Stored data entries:
•••••
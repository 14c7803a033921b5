-- ===== src/Markdown/Safe.antt =====
-- What HTML an untrusted document can put into the page.
use http_nu.Common.{
  ◌≡◌, refl, Bool, true, false, inl, inr, List, [], ◌∷◌, ◌++◌, Option, none, some, Text, codes,
  if◌then◌else◌, Bool-cases,
}
use http_nu.Value.{string, PipelineData}
use http_nu.Markdown.{
  Event, start_code, end_code, text, html, inline_html, other_event, Renderer, State, initial,
  lang_of, highlight, find_syntax, syntax_or, code_html, convert, convert_all, html_value, run,
}

-- The events of the parser up to now, the last one first: whether a code block is open behind them, the text of the
-- last code block up to now, and its language.
abbrev pub open_in : {O : Type 0} → List (Event O) → Bool
open_in [] = false
open_in (start_code kind ∷ back) = true
open_in (end_code ∷ back) = false
open_in (e ∷ back) = open_in back

abbrev pub code_in : {O : Type 0} → List (Event O) → Text
code_in [] = []
code_in (start_code kind ∷ back) = []
code_in (text t ∷ back) = let code = code_in back in if open_in back then code ++ t else code
code_in (e ∷ back) = code_in back

abbrev pub lang_in : {O : Type 0} → List (Event O) → Option Text
lang_in [] = none
lang_in (start_code kind ∷ back) = lang_of kind
lang_in (e ∷ back) = lang_in back

module _ {O S : Type 0} (r : Renderer O S) where
  -- The only attribute of a code block, its language escaped.
  abbrev pub attribute : Option Text → Text
  attribute none = []
  attribute (some lang) = codes " class=\"language-" ++ r.escape lang ++ codes "\""

  -- What may stand for an event of the parser that comes behind `back`.
  abbrev pub Shown : List (Event O) → Event O → Event O → Type 0
  Shown back end_code o =
      (s : S) × (o
        ≡ html (
            codes "<pre><code"
            ++ attribute (lang_in back)
            ++ codes ">"
            ++ r.syntaxes.generate s (code_in back)
            ++ codes "</code></pre>"))
  Shown back (start_code kind) o = o ≡ text []
  Shown back (text t) o = o ≡ text (if open_in back then [] else t)
  Shown back (html h) o = o ≡ text h
  Shown back (inline_html h) o = o ≡ text h
  Shown back (other_event x) o = o ≡ other_event x

  -- One event for each, in order.
  abbrev pub Outputs : List (Event O) → List (Event O) → List (Event O) → Type 0
  Outputs back [] [] = Unit
  Outputs back [] (o ∷ os) = ⊥
  Outputs back (e ∷ es) [] = ⊥
  Outputs back (e ∷ es) (o ∷ os) = Shown back e o × Outputs (e ∷ back) es os

  -- The state behind the events.
  abbrev state_at : List (Event O) → State
  state_at back = record {
    in_code_block = open_in back;
    current_code = code_in back;
    current_lang = lang_in back;
  }

  convert-Shown :
      (back : List (Event O)) (e : Event O) → Shown back e (convert r false (state_at back) e).0
  unfolding convert code_html highlight
  convert-Shown back (start_code kind) = refl
  convert-Shown back end_code = (syntax_or r.syntaxes (find_syntax r.syntaxes (lang_in back)), refl)
  convert-Shown back (text t) = elim (Bool-cases (open_in back)) [
    | inl e ↦ rw e refl
    | inr e ↦ rw e refl
  ]
  convert-Shown back (html h) = refl
  convert-Shown back (inline_html h) = refl
  convert-Shown back (other_event o) = refl

  convert-state :
      (back : List (Event O)) (e : Event O)
      → (convert r false (state_at back) e).1 ≡ state_at (e ∷ back)
  unfolding convert
  convert-state back (start_code kind) = refl
  convert-state back end_code = refl
  convert-state back (text t) = elim (Bool-cases (open_in back)) [
    | inl e ↦ rw e refl
    | inr e ↦ rw e refl
  ]
  convert-state back (html h) = refl
  convert-state back (inline_html h) = refl
  convert-state back (other_event o) = refl

  convert_all-Outputs :
      (back es : List (Event O)) → Outputs back es (convert_all r false (state_at back) es)
  unfolding convert_all
  convert_all-Outputs back [] = tt
  convert_all-Outputs back (e ∷ es) =
      (convert-Shown back e, rw (convert-state back e) (convert_all-Outputs (e ∷ back) es))

  -- `.md` on a plain text never passes HTML of the text on. What it gives to the writer has one event for each of the
  -- parser's, in order: raw and inline HTML of the text becomes text; the start of a code block and the texts in it
  -- become empty texts; the end of a code block becomes the only HTML there is, `<pre><code`, the class
  -- `language-` with the escaped language of the last code block when it has one, and the highlighter's output for
  -- the texts seen since that block began, under some syntax; every other event passes through. The result is the
  -- writer's, marked as HTML.
  pub run-Safe :
      (input : PipelineData) (t : Text)
      → r.into_value input ≡ inr (string t)
      → (es : List (Event O)) × (run r input ≡ inr (html_value (r.push_html es)))
        × Outputs [] (r.parse t) es
  unfolding run
  run-Safe input t h =
      (convert_all r false initial (r.parse t), rw h refl, convert_all-Outputs [] (r.parse t))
•••••
• ASSIGNED TASK: Could you restate word for word the lines above from the one containing "convert-state back (start_code kind) = refl" through the one containing "convert_all-Outputs back (e", both included, and nothing else?

• RESULT OF THIS TASK:
  convert-state back (start_code kind) = refl
  convert-state back end_code = refl
  convert-state back (text t) = elim (Bool-cases (open_in back)) [
    | inl e ↦ rw e refl
    | inr e ↦ rw e refl
  ]
  convert-state back (html h) = refl
  convert-state back (inline_html h) = refl
  convert-state back (other_event o) = refl

  convert_all-Outputs :
      (back es : List (Event O)) → Outputs back es (convert_all r false (state_at back) es)
  unfolding convert_all
  convert_all-Outputs back [] = tt
  convert_all-Outputs back (e ∷ es) =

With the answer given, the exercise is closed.